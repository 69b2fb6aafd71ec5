-- ===== src/Clearance/Laws.antt =====
-- When a clearance is accepted (integrations/diagnostics-clearance.ts).
use bapc_vpn_and_digital_sec.Base.{
  String, ◌≡◌, refl, sym, ap, ◌∙◌, Bool, true, false, not, ◌||◌, Option, none, some, arith, ◌==◌,
  string_eq, codes, starts, eq_of_==,
}
use bapc_vpn_and_digital_sec.Json.{Json, str, get_field, is_text, is_truthy}
use bapc_vpn_and_digital_sec.Domain.{Error, plain}
use bapc_vpn_and_digital_sec.Store.{Store}
use bapc_vpn_and_digital_sec.Store.Monad.{M, Result, ok, err, then_run, throw_if, or_throw}
use bapc_vpn_and_digital_sec.Store.Commands.{publish}
use bapc_vpn_and_digital_sec.Clearance.{
  Clearance, Signing, is_nullish, or_null, signed_body, call, outside, accept, scoped, verify,
}

module _ {A B : Type 0} where
  -- A chain that succeeds, succeeds in its first step.
  then_run_ok :
      (r : Result A × Store) (f : A → M B) (b : B) (t : Store)
      → then_run r f ≡ (ok b, t)
      → (a : A) × (u : Store) × (r ≡ (ok a, u)) × (f a u ≡ (ok b, t))
  then_run_ok (ok a, s) f b t h = (a, s, refl, h)
  then_run_ok (err e, s) f b t h = elim (absurd h) [ ]
    where
      absurd : ◌≡◌ {A = Result B × Store} (err e, s) (ok b, t) → ⊥
      absurd h = cc

throw_if_ok :
    (b : Bool) (e : Error) (s t : Store) → throw_if b e s ≡ (ok tt, t) → (b ≡ false) × (t ≡ s)
throw_if_ok true e s t h = cc
throw_if_ok false e s t h = (refl, cc)

or_throw_ok :
    {A : Type 0} (o : Option A) (e : Error) (s t : Store) (a : A)
    → or_throw o e s ≡ (ok a, t)
    → (o ≡ some a) × (t ≡ s)
or_throw_ok none e s t a h = cc
or_throw_ok (some b) e s t a h = (cc, cc)

call_ok :
    {A : Type 0} (r : Result A) (s t : Store) (a : A) → call r s ≡ (ok a, t) → (r ≡ ok a) × (t ≡ s)
call_ok r s t a h = (cc, cc)

returned_ok :
    {A : Type 0} (a b : A) (s t : Store)
    → ◌≡◌ {A = Result A × Store} (ok a, s) (ok b, t)
    → (a ≡ b) × (t ≡ s)
returned_ok a b s t h = (cc, cc)

passed : (b : Bool) → not b ≡ false → b ≡ true
passed true h = refl
passed false h = cc

neither : (a b : Bool) → (not a || not b) ≡ false → (a ≡ true) × (b ≡ true)
neither true true h = (refl, refl)
neither true false h = cc
neither false b h = cc

same_bytes : (a b : String) (r : Result String) → not (a == b) ≡ false → r ≡ ok a → r ≡ ok b
same_bytes a b r h e = e ∙ ap ok (eq_of_== a b (passed (a == b) h))

module _ (g : Signing) where
  -- The bytes of the signature of an event, however it is written, are those of the keyed hash of its contents
  -- under the key of Diagnostics.
  abbrev pub IsSigned : Json → Type 0
  IsSigned e =
      (signature : String) × (g.bytes (get_field "signature" e) ≡ ok signature)
      × (g.bytes (some (str (g.hmac "diagnostics" (g.stringify (signed_body e))))) ≡ ok signature)

  accept_ok :
      (e : Json) (s t : Store)
      → accept g e s ≡ (ok tt, t)
      → (outside s.now (g.time_of (get_field "at" e)) ≡ false)
        × IsSigned e
        × (t ≡ publish "ecosystem.diagnostics.forensic.clearance" e s)
  unfolding accept
  accept_ok e s t h =
      let (_, u, p, h1) = then_run_ok _ _ tt t h in
      let (near, same) = throw_if_ok _ _ s u p in
      let (expected, v, q, h2) = then_run_ok _ _ tt t h1 in
      let (found, same') = call_ok _ u v expected q in
      let (signature, w, r, h3) = then_run_ok _ _ tt t h2 in
      let (found', same'') = call_ok _ v w signature r in
      let (_, x, y, h4) = then_run_ok _ _ tt t h3 in
      let (signed, same3) = throw_if_ok (not (expected == signature)) _ w x y in
      (
        near,
        (signature, found', same_bytes expected signature _ signed found),
        sym (ap (λ r. r.1) h4)
            ∙ ap (publish "ecosystem.diagnostics.forensic.clearance" e)
                (same3 ∙ same'' ∙ same' ∙ same),
      )

  -- the payload names the node, and who approved the clearance for which case
  abbrev pub IsScoped : Json → String → Clearance → Type 0
  IsScoped e node_id c =
      (is_text node_id (get_field "nodeId" (or_null (get_field "payload" e))) ≡ true)
      × (is_truthy c.approved_by ≡ true)
      × (is_truthy c.case_id ≡ true)

  scoped_ok :
      (e : Json) (node_id : String) (c : Clearance) (s t : Store)
      → scoped g e node_id s ≡ (ok c, t)
      → IsScoped e node_id c × (t ≡ s)
  unfolding scoped
  scoped_ok e node_id c s t h =
      let payload = or_null (get_field "payload" e) in
      let name_test = is_text node_id (get_field "nodeId" payload) in
      let by_test = is_truthy (get_field "approvedBy" payload) in
      let case_test = is_truthy (get_field "caseId" payload) in
      let (_, u, p, h1) = then_run_ok _ _ c t h in
      let (_, same) = throw_if_ok (is_nullish (get_field "payload" e)) (plain "TypeError") s u p in
      let (_, v, q, h2) = then_run_ok _ _ c t h1 in
      let (named, same') =
        throw_if_ok (not name_test) (plain "clearance token is not scoped to this node") u v q in
      let (_, w, r, h3) = then_run_ok _ _ c t h2 in
      let (given, same'') =
        throw_if_ok (not by_test || not case_test)
          (plain "clearance token is missing approvedBy/caseId") v w r in
      let (by, case) = neither by_test case_test given in
      let (same_value, last) =
        returned_ok
          (record {
            approved_by = get_field "approvedBy" payload;
            case_id = get_field "caseId" payload;
          })
          c w t h3 in
      (
        (passed name_test named, rw (sym same_value) by, rw (sym same_value) case),
        last ∙ same'' ∙ same' ∙ same,
      )

  -- A token is accepted as the clearance of a node only if it has the prefix and decodes to a clearance event of
  -- Diagnostics that is signed with its key, whose time, if it can be read, is at most five minutes off, and
  -- whose payload names the node, an approver and a case. Then one event is published and no other table changes.
  pub verify_sound :
      (token node_id : String) (c : Clearance) (s t : Store)
      → verify g token node_id s ≡ (ok c, t)
      → (starts (codes "diag-clearance:") (codes token) ≡ true)
        × ((e : Json) × (g.decode token ≡ some e)
            × (is_text "diagnostics" (get_field "source" e) ≡ true)
            × (is_text "forensic.clearance" (get_field "type" e) ≡ true)
            × (outside s.now (g.time_of (get_field "at" e)) ≡ false)
            × IsSigned e
            × IsScoped e node_id c
            × (t ≡ publish "ecosystem.diagnostics.forensic.clearance" e s))
  unfolding verify
  verify_sound token node_id c s t h =
      let (_, s1, p1, h1) = then_run_ok _ _ c t h in
      let (prefix, q1) = throw_if_ok _ _ s s1 p1 in
      let (e, s2, p2, h2) = then_run_ok _ _ c t h1 in
      let (decoded, q2) = or_throw_ok _ _ s1 s2 e p2 in
      let (_, s3, p3, h3) = then_run_ok _ _ c t h2 in
      let (present, q3) = throw_if_ok (is_nullish (some e)) (plain "TypeError") s2 s3 p3 in
      let (_, s4, p4, h4) = then_run_ok _ _ c t h3 in
      let (source, q4) = throw_if_ok _ _ s3 s4 p4 in
      let (_, s5, p5, h5) = then_run_ok _ _ c t h4 in
      let (type, q5) = throw_if_ok _ _ s4 s5 p5 in
      let (_, s6, p6, h6) = then_run_ok _ _ c t h5 in
      let (near, signed, published) = accept_ok e s5 s6 p6 in
      let (payload, q6) = scoped_ok e node_id c s6 t h6 in
      let start : s5 ≡ s = q5 ∙ q4 ∙ q3 ∙ q2 ∙ q1 in
      (
        passed _ prefix,
        (
          e,
          decoded,
          passed _ source,
          passed _ type,
          sym (ap (λ u. outside u.now (g.time_of (get_field "at" e))) start) ∙ near,
          signed,
          payload,
          q6 ∙ published ∙ ap (publish "ecosystem.diagnostics.forensic.clearance" e) start,
        ),
      )

  -- Whether a token is accepted depends on the clock alone: no nonce is kept, so that a token which was accepted is
  -- accepted again while the clock is the same, whatever was written in between.
  pub verify_again :
      (token node_id : String) (s u : Store)
      → u.now ≡ s.now
      → (verify g token node_id u).0 ≡ (verify g token node_id s).0
  unfolding verify accept scoped publish
  verify_again token node_id s u e = ground (arith, e)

++++++++++++++++++++

• [Instructions for the task] Nothing beyond a number is expected: count the lines of the material that hold the string "Result".

• [Answer for the task] 6